3C-PKM

E-Mail:  raatz@match.uni-hannover.de
Team:  Gunnar Borchert
Year:  2012
Funding:  DFG
Is Finished:  yes

The intention of this knowledge transfer project arose from the CRC 562. Some of the developed methods and approaches of the project field Design and Modeling (projects A1 and A2 of the CRC 562) were seized and applied to the work of this project. The research addresses the flexible automation in assembly of computer, communication and consumer electronics (3C). Applying non-flexible automation is not economical for many companies in this field of application, due to increasingly shorter life cycles, changing product designs and lower quantities of the products. In contrast, flexible production systems inhere the disadvantageous amount of investment so that even nowadays many operation steps are carried out manually. However, novel technologies in robotics and the optimization of production systems reveal the opportunity to counteract this situation.

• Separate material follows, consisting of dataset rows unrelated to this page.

-- ===== src/Input.antt =====
-- What the user gives to the library, `CIRCLE_input_st` of libcircle/lib.h, and the functions of
-- libcircle/lib.c that set it: CIRCLE_init, the setters, CIRCLE_reduce and CIRCLE_finalize. What
-- MPI answers is a parameter. The calls of the user's functions are in Reduction and Worker.
pub mod Data
pub mod Start
use libcircle.Prelude.{
  ℕ, ◌+◌, ◌/◌, ◌%◌, ◌<◌, Bool, true, false, not, Option, none, some, List, [], ◌∷◌, ◌++◌, leb, ltb,
  ◌==◌, if◌then◌else◌, is_none, length, take, ℤ, pos, minus_one,
}
use libcircle.C.{Run, ok, ◌>>=◌, ◌>>◌, require, Os}
use libcircle.Queue.{Queue, Block}
use libcircle.State.{UserData}

-- A callback that is given the handle: what it makes of the queue, and whether it calls
-- CIRCLE_abort.
abbrev pub Callback : Type 0
Callback = Queue → Run (Queue × Bool)

-- A callback that gives data to a reduction, by calls of CIRCLE_reduce.
abbrev pub ReduceInit : Type 0
ReduceInit = UserData → Run UserData

-- A callback that combines the data of this rank, and its size, with the data received, and its
-- size, by calls of CIRCLE_reduce.
abbrev pub ReduceOp : Type 0
ReduceOp = Option (List ℕ) → ℕ → Option (List ℕ) → ℕ → UserData → Run UserData

-- `user` is the data of reductions up to the start of the worker, which then keeps it in its state.
-- Of the callback for the result only whether it is set is kept: what it is given is the result of
-- the reduction. `queue` is `none` for NULL.
pub record Input : Type 0 where
  pub create_cb : Option Callback
  pub process_cb : Option Callback
  pub reduce_init_cb : Option ReduceInit
  pub reduce_op_cb : Option ReduceOp
  pub reduce_fini_cb : Bool
  pub user : UserData
  pub reduce_period : ℤ
  pub options : ℕ
  pub tree_width : ℕ
  pub queue : Option Queue

-- The bits of the options.
abbrev pub split_equal : ℕ
split_equal = 2

abbrev pub create_global : ℕ
create_global = 4

abbrev pub term_tree : ℕ
term_tree = 8

-- `options & bit`
abbrev pub has_option : ℕ → ℕ → Bool
has_option options bit = (options / bit) % 2 == 1

pub set_options : Input → ℕ → Input
set_options input user_options = record input { options = user_options }

pub set_tree_width : Input → ℕ → Input
set_tree_width input width = record input { tree_width = width }

pub set_reduce_period : Input → ℤ → Input
set_reduce_period input secs = record input { reduce_period = secs }

pub cb_create : Input → Option Callback → Input
cb_create input func = record input { create_cb = func }

-- The function also creates the work where no other does.
pub cb_process : Input → Option Callback → Input
cb_process input func =
    let input1 = if is_none input.create_cb then record input { create_cb = func } else input in
    record input1 { process_cb = func }

pub cb_reduce_init : Input → Option ReduceInit → Input
cb_reduce_init input func = record input { reduce_init_cb = func }

pub cb_reduce_op : Input → Option ReduceOp → Input
cb_reduce_op input func = record input { reduce_op_cb = func }

pub cb_reduce_fini : Input → Bool → Input
cb_reduce_fini input func = record input { reduce_fini_cb = func }

-- The fields that CIRCLE_init sets before it calls MPI.
pub defaults : Input → (user_options : ℕ) → Input
defaults old user_options =
    set_options
      (record old {
        create_cb = none;
        process_cb = none;
        reduce_init_cb = none;
        reduce_op_cb = none;
        reduce_fini_cb = false;
        user = record { buf = none; size = 0 };
        reduce_period = pos 0;
        tree_width = 64;
      })
      user_options

-- The end of CIRCLE_init: the queue, and the rank or -1.
pub init_queue : Os → Input → (rank : ℕ) → Run (Input × ℤ)
init_queue os input rank = do
  queue ← libcircle.Queue.init os
  ok (record input { queue = queue }, if is_none queue then minus_one else pos rank)

-- `initialized` is what MPI_Initialized answers, `none` where it fails; `starts` says that MPI_Init
-- succeeds. The Boolean of the result is CIRCLE_must_finalize_mpi.
pub init :
    Os
    → Input
    → (user_options : ℕ) → (initialized : Option Bool) → (starts : Bool) → (rank : ℕ)
    → Run (Input × Bool × ℤ)
init os old user_options none starts rank = ok (defaults old user_options, false, minus_one)
init os old user_options (some true) starts rank = do
  (input, rc) ← init_queue os (defaults old user_options) rank
  ok (input, false, rc)
init os old user_options (some false) starts rank =
    let running = (do
      (input, rc) ← init_queue os (defaults old user_options) rank
      ok (input, true, rc)) in
    if starts then running else ok (defaults old user_options, false, minus_one)

-- CIRCLE_reduce. The old copy is freed first; a size of 0, or a refusal of memory, leaves NULL and
-- the old size.
pub reduce : Os → UserData → (buf : List ℕ) → (size : ℕ) → Run UserData
reduce os user buf size =
    let freed = record user { buf = none } in
    let copied = (do
      require (leb size (length buf))
      ok (record { buf = some (take size buf); size = size })) in
    if ltb 0 size then (if os.grants size then copied else ok freed) else ok freed

-- CIRCLE_finalize: the blocks of the queue that are freed, and whether MPI is shut down. The pointer
-- to the queue is kept.
pub finalize : Input → (must_finalize_mpi : Bool) → Input × List Block × Bool
finalize input must_finalize_mpi =
    let (rc, blocks) = libcircle.Queue.free input.queue in
    (record input { user = record (input.user) { buf = none } }, blocks, must_finalize_mpi)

In light of this situation, the project deals with the investigation of prospects for a lean and cost efficient automation of assembly processes for manufacturing 3C products. To this end, the work aims at the development of methods for the functional extension of an existing industrial robot (basic robot structure: BRS) so that potential deficiencies of the robot respective the requirements of 3C assembly operations are governed out. Besides, the extension/additional mechanism (additional structure: ASK) should be a module that can be attached to the BRS. This emphasizes the flexibility of the entire production system. It allows adapting the production device to the requirements of changing tasks. Moreover, the BRS should be based on a parallel kinematic structure where its fundamental design remains unchanged. This enables to make use of beneficial characteristics of parallel robots, such as high acceleration, accuracy or payload on the one hand, and wide past experiences of existing devices on the other hand.

Since the characteristics of assembly processes have significant effects on the required functionality of the production device, methods are needed for designing suitable extension mechanisms, respectively to identify their kinematic structures and to decide in favor of a beneficial overall design. The key issues of the project are:

  • Deduction of general system requirements.
  • Development of a method for analyzing different industrial robots to reveal the level of compliance and thus their individual deficiencies with respect to the requirements.
  • Conception and systematization of extension mechanisms which can be attached to a BRS so that the entire robot system is able to fulfil the requirements.
    • Development of a task-oriented decision analysis method, since different design concepts and features of the entire robot system will emerge, such as the kinematic structure or the location of system components. For this purpose, evaluation criteria were defined and described to compare the concepts with each other.
    • Development of a method to optimize the dynamic performance of the structural extension and thus its impact on the BRS.
  • Evaluation of the entire robot system (BRS and extension mechanism) with respect to the requirements.